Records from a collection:
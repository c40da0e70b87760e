-- ===== src/Authority/Packet/Laws.antt =====
-- A packet that is built for a descriptor verifies for it.
use mathlib.Core.Bool.{false≢true}
use mathlib.Core.Path.{subst}
use runtime_lab_core.Prelude.{
  String, ◌≡◌, ◌≢◌, refl, ◌∙◌, ap, true, none, List, [], ◌∷◌, ok, >>=-eq-ok, ◌==◌, ==_iff, ==_refl,
  arith, same_texts_refl, sorted,
}
use runtime_lab_core.Json.{
  str, obj, Fields, get, pop, set, has, strings, get-set, pop-set, pop-set_ne,
}
use runtime_lab_core.Json.Access.{get_in, texts_of, has_all, has_only}
use runtime_lab_core.Hash.{Host, canonical_hash}
use runtime_lab_core.Descriptors.Validator.{TextTools}
use runtime_lab_core.Authority.Bindings.{
  Artifact, artifacts_of, artifact_items, task_id_of, workspace_roots, payload_roots, packet_roots,
  payload_artifacts, packet_artifacts, same_artifacts, compute_descriptor_payload_hash, packet_hash,
  packet_hash_payload, packet_id,
}
use runtime_lab_core.Authority.Verify.{
  accepted_packet, capability_codes, is_allowed_capability, party_code, required_fields,
  is_self_hashed, identity_code, binding_codes, verify_authority_packet,
}
use runtime_lab_core.Authority.Verify.Laws.{ok_injective}
use runtime_lab_core.Authority.Packet.{
  default_options, objects, all_artifact_fields, artifact_expectations, packet_body,
  complete_packet_hash, build_authority_packet,
}

texts_of-strings : (ss : List String) → texts_of (strings ss) ≡ ss
texts_of-strings [] = refl
texts_of-strings (s ∷ ss) = ap (◌∷◌ s) (texts_of-strings ss)

artifact_items-objects :
    (xs : List Artifact) → artifact_items (objects (all_artifact_fields xs)) ≡ xs
unfolding get ◌==◌
artifact_items-objects [] = refl
artifact_items-objects (a ∷ xs) = ap (◌∷◌ a) (artifact_items-objects xs)

same_artifacts_refl : (xs : List Artifact) → same_artifacts xs xs ≡ true
same_artifacts_refl [] = refl
same_artifacts_refl ((c, p) ∷ xs) = ground (arith, ==_refl c, ==_refl p, same_artifacts_refl xs)

binding-pass :
    (packet payload : Fields) (hash : String)
    → get_in "descriptor_hash" (get "task_binding" packet) ≡ str hash
    → get_in "task_id" (get "task_binding" packet) ≡ str (task_id_of payload)
    → capability_codes (get "capability_grants" packet) ≡ []
    → packet_roots packet ≡ payload_roots payload
    → packet_artifacts packet ≡ payload_artifacts payload
    → binding_codes packet payload hash ≡ []
unfolding binding_codes
binding-pass packet payload hash described tasked capable roots artifacts =
    rw
      (
        described,
        tasked,
        capable,
        roots,
        artifacts,
        ==_refl hash,
        ==_refl (task_id_of payload),
        same_texts_refl (payload_roots payload),
        same_artifacts_refl (payload_artifacts payload),
      )
      refl

verify-pass :
    (h : Host) (tools : TextTools) (packet payload : Fields) (hash : String)
    → compute_descriptor_payload_hash h tools payload ≡ ok hash
    → identity_code h packet ≡ none
    → binding_codes packet payload hash ≡ []
    → verify_authority_packet h tools (obj packet) payload ≡ ok (accepted_packet packet)
unfolding verify_authority_packet
verify-pass h tools packet payload hash taken identity binding =
    rw (identity, taken, binding, verify_authority_packet) refl

module _ (h : Host) where
  keys_differ : ◌≢◌ {A = String} "packet_id" "payload_hash"
  unfolding ◌==◌
  keys_differ e = false≢true ((==_iff "packet_id" "payload_hash").1 e)

  payload_complete :
      (packet : Fields)
      → packet_hash_payload (complete_packet_hash h packet) ≡ packet_hash_payload packet
  unfolding packet_hash_payload complete_packet_hash
  payload_complete packet =
      let hash = str (packet_hash h packet) in
      let id = str (packet_id h packet) in
      ap (pop "payload_hash")
        (pop-set_ne "packet_id" "payload_hash" hash (set "packet_id" id packet) keys_differ)
      ∙ pop-set "payload_hash" hash (pop "packet_id" (set "packet_id" id packet))
      ∙ ap (pop "payload_hash") (pop-set "packet_id" id packet)

  -- The hash of a completed packet is the one that it stores.
  hash_complete :
      (packet : Fields) → packet_hash h (complete_packet_hash h packet) ≡ packet_hash h packet
  hash_complete packet = ap (λ d. canonical_hash h (obj d)) (payload_complete packet)

  get-complete_hash :
      (packet : Fields)
      → get "payload_hash" (complete_packet_hash h packet) ≡ str (packet_hash h packet)
  unfolding complete_packet_hash ◌==◌
  get-complete_hash packet =
      get-set "payload_hash" "payload_hash" (str (packet_hash h packet))
        (set "packet_id" (str (packet_id h packet)) packet)

  get-complete_id :
      (packet : Fields) → get "packet_id" (complete_packet_hash h packet) ≡ str (packet_id h packet)
  unfolding complete_packet_hash ◌==◌
  get-complete_id packet =
      get-set "packet_id" "payload_hash" (str (packet_hash h packet))
        (set "packet_id" (str (packet_id h packet)) packet)
      ∙ get-set "packet_id" "packet_id" (str (packet_id h packet)) packet

  -- The completed packet stores its hash and the id that is made of it.
  sealed_complete : (packet : Fields) → is_self_hashed h (complete_packet_hash h packet) ≡ true
  sealed_complete packet =
      rw (get-complete_hash packet, get-complete_id packet, hash_complete packet)
        (ground (arith, ==_refl (packet_hash h packet), ==_refl (packet_id h packet)))

  party-built :
      (payload : Fields) (hash : String)
      → party_code (complete_packet_hash h (packet_body payload default_options hash)) ≡ none
  unfolding party_code complete_packet_hash packet_body get set ◌==◌
  party-built payload hash = refl

  all-built :
      (payload : Fields) (hash : String)
      → has_all required_fields (complete_packet_hash h (packet_body payload default_options hash))
        ≡ true
  unfolding complete_packet_hash packet_body has set ◌==◌
  all-built payload hash = refl

  identity-built :
      (payload : Fields) (hash : String)
      → identity_code h (complete_packet_hash h (packet_body payload default_options hash)) ≡ none
  unfolding identity_code
  identity-built payload hash =
      rw (all-built payload hash, sealed_complete (packet_body payload default_options hash))
        (party-built payload hash)

  roots-built :
      (payload : Fields) (hash : String)
      → packet_roots (complete_packet_hash h (packet_body payload default_options hash))
        ≡ payload_roots payload
  unfolding packet_roots payload_roots complete_packet_hash packet_body get set ◌==◌
  roots-built payload hash = ap sorted (texts_of-strings (workspace_roots payload))

  artifacts-built :
      (payload : Fields) (hash : String)
      → packet_artifacts (complete_packet_hash h (packet_body payload default_options hash))
        ≡ payload_artifacts payload
  unfolding packet_artifacts payload_artifacts artifact_expectations complete_packet_hash
      packet_body get set ◌==◌
  artifacts-built payload hash =
      rw (artifact_items-objects (artifacts_of (get "artifact_expectation" payload))) refl

  -- What the binding asks for beside the roots and the artifacts.
  tasks-built :
      (payload : Fields) (hash : String)
      → let packet = complete_packet_hash h (packet_body payload default_options hash) in
        (get_in "descriptor_hash" (get "task_binding" packet) ≡ str hash)
        × (get_in "task_id" (get "task_binding" packet) ≡ str (task_id_of payload))
        × (capability_codes (get "capability_grants" packet) ≡ [])
  unfolding complete_packet_hash packet_body capability_codes is_allowed_capability has_only get set
      ◌==◌
  tasks-built payload hash = (refl, refl, refl)

  binding-built :
      (payload : Fields) (hash : String)
      → binding_codes
          (complete_packet_hash h (packet_body payload default_options hash))
          payload
          hash
        ≡ []
  binding-built payload hash =
      let (described, tasked, capable) = tasks-built payload hash in
      binding-pass (complete_packet_hash h (packet_body payload default_options hash)) payload hash
        described tasked capable (roots-built payload hash) (artifacts-built payload hash)

module _ (h : Host) (tools : TextTools) where
  -- The packet that is built for a descriptor, with the default arguments, is accepted for it.
  pub build_authority_packet-verify :
      (payload packet : Fields)
      → build_authority_packet h tools payload default_options ≡ ok packet
      → verify_authority_packet h tools (obj packet) payload ≡ ok (accepted_packet packet)
  unfolding build_authority_packet
  build_authority_packet-verify payload packet e =
      let (hash, taken, made) = >>=-eq-ok (compute_descriptor_payload_hash h tools payload) _ e in
      let built = complete_packet_hash h (packet_body payload default_options hash) in
      let same : built ≡ packet = ok_injective built packet made in
      subst (λ p. verify_authority_packet h tools (obj p) payload ≡ ok (accepted_packet p)) same
        (verify-pass h tools built payload hash taken (identity-built h payload hash)
          (binding-built h payload hash))
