-- ===== src/Descriptors.antt =====
-- runtime_lab/descriptors: the task descriptors, their canonical form and their validation.
pub mod Canonical
pub mod Schema
pub mod Validator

Task item:
Starting at the line above that holds "(xs : List Artifact) → artifact_items" and ending at the line that holds "same_artifacts_refl [] = refl", transcribe each line exactly and include no other lines.

Answer section:
    (xs : List Artifact) → artifact_items (objects (all_artifact_fields xs)) ≡ xs
unfolding get ◌==◌
artifact_items-objects [] = refl
artifact_items-objects (a ∷ xs) = ap (◌∷◌ a) (artifact_items-objects xs)

same_artifacts_refl : (xs : List Artifact) → same_artifacts xs xs ≡ true
same_artifacts_refl [] = refl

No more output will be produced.